Ensure all the requirements are installed using the installRequirements.sh
bash script inside the Google Compute Engine VM.
• Execute python3 kvsserver.py
on server side and select any one storage structure.
• Once the Server is started and we get the message Server started on host
execute python3 kvsclient.py
on the client side.
a. Test Client Calls One by One – Allows user to enter get and set information one by one as per their requirements and accordingly performs the get and set operation.
- get Key
eg get A
returns the value stored against key A.
- set Key len(updatedValue) \\r\\n updatedValue \\r\\n
eg set A 4 \\r\\n Test \\r\\n
will update the value of A to Test.
b. Performance Testing – Allows user to test the performance of the key value store.
The performance testing option further lets users choose if they want to test the performance of the GET operation or SET operation.
To Execute Multiple clients in multiple spawned windows, execute python3 kvsmultipleclient.py
on the client terminal and select option 3.
This will spawn 50 clients and then Get or set operations can be performed on each of the clients and the memory store will be modified accordingly.

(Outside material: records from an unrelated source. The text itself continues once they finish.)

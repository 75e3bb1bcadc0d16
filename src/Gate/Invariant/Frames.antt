-- ===== src/Gate/Invariant/Frames.antt =====
-- The operations that leave the sessions and the bindings of connections as they were.
use test_go_server.Prelude.{ℕ, ◌≡◌, refl, Option, none, some, Bool, ◌==◌, arith}
use test_go_server.Protocol.{Bytes, Envelope}
use test_go_server.Router.{ModuleName, no_module}
use test_go_server.Gate.State.{Conn, Gate, Session, set_conn}
use test_go_server.Gate.Conn.{close, send, mark_alive, write_turn, reply}
use test_go_server.Gate.Offline.{
  send_to_service, notify_player_resume, notify_player_offline, close_opt,
}
use test_go_server.Gate.Invariant.Defs.{Same, Same-refl, Same-if}

pub set_conn-Same :
    (c : ℕ) (v : Conn) (g : Gate) → v.session_id ≡ (g.conns c).session_id → Same g (set_conn c v g)
set_conn-Same c v g e = record {
  sessions = refl;
  ids = λ j. ground arith;
  limit = refl;
  next = refl;
}

pub close-Same : (c : ℕ) (g : Gate) → Same g (close c g)
unfolding close
close-Same c g = set_conn-Same c _ g refl

pub mark_alive-Same : (c now : ℕ) (g : Gate) → Same g (mark_alive c now g)
unfolding mark_alive
mark_alive-Same c now g = set_conn-Same c _ g refl

pub send-Same : (c : ℕ) (env : Envelope) (g : Gate) → Same g (send c env g).0
unfolding send
send-Same c env g = record {
  sessions = ground arith;
  ids = λ j. ground arith;
  limit = ground arith;
  next = ground arith;
}

pub write_turn-Same : (c : ℕ) (fine : Bool) (g : Gate) → Same g (write_turn c fine g)
unfolding write_turn
write_turn-Same c fine g = record {
  sessions = ground arith;
  ids = λ j. ground arith;
  limit = ground arith;
  next = ground arith;
}

pub reply-Same : (id msg : ℕ) (payload : Bytes) (g : Gate) → Same g (reply id msg payload g).0
unfolding reply
reply-Same id msg payload g = record {
  sessions = ground arith;
  ids = λ j. ground arith;
  limit = ground arith;
  next = ground arith;
}

pub send_to_service-Same :
    (m : ModuleName) (env : Envelope) (g : Gate) → Same g (send_to_service m env g)
unfolding send_to_service
send_to_service-Same m env g = record {
  sessions = ground arith;
  ids = λ j. ground arith;
  limit = ground arith;
  next = ground arith;
}

pub notify_player_offline-Same : (s : Session) (g : Gate) → Same g (notify_player_offline s g)
unfolding notify_player_offline
notify_player_offline-Same s g =
    Same-if (s.player_id == 0) (Same-refl g) (send_to_service-Same no_module _ g)

pub notify_player_resume-Same : (s : Session) (g : Gate) → Same g (notify_player_resume s g)
unfolding notify_player_resume
notify_player_resume-Same s g =
    Same-if (s.player_id == 0) (Same-refl g) (send_to_service-Same no_module _ g)

pub close_opt-Same : (o : Option ℕ) (g : Gate) → Same g (close_opt o g)
unfolding close_opt
close_opt-Same none g = Same-refl g
close_opt-Same (some c) g = close-Same c g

The performance testing mode enables multithreading functionality to perform multiple get and set operations on the storage selected in the first instance.
I have implemented two of the Google’s Key – Value Store features for performing the comparison with the native VM Disk file based Memcached.
1. Google Cloud Storage Bucket
• Created a bucket-based storage which consisted of the blob file of json
type to store the keys and values.
• GCS bucket provides file-based storage system that can handle large amounts of data and can be used for long term storage.
• However, the performance is not optimized for a low latency Key-Value storage.
• Bucket is mostly used for data archival and long-term storage use cases.
2. Redis Memory Store
• Redis is an in-memory data store specifically designed for low latency key-value storage and high-speed access.
• The get and set operations are extremely fast and makes an excellent choice for a typical Key- Value Store.
• Redis can be scaled on Google cloud by increasing the required resources.
• I deployed the Redis instance on Google cloud and made corresponding get and Set operations.
P.S: - Make sure Allow full access to all Cloud APIs
option is checked on the VM instance from which the Redis instance is being called.
• Performance_Analysis.ipynb
contains a simple bar graph of the results obtained from the above performance testing.
• It is evident that Redis Memory Store performs as good as the local VM Boot Disk.
• Google Cloud Storage Bucket performs relatively slower than Redis and even throws out an error Rate Limit Exceeded
when consecutive set
opertaions are performed within a short period of time.
• Redis Memory Store seems to be the ideal choice for a Key-Value based caching system since it can easily handle huge amount of data along with multiple consecutive read and write operations.
• Google Cloud Storage Bucket is a good choice if the functionality does not demand concecutive write operations and there needs to be a visibility of the data stored in and transferred through any third party integrations.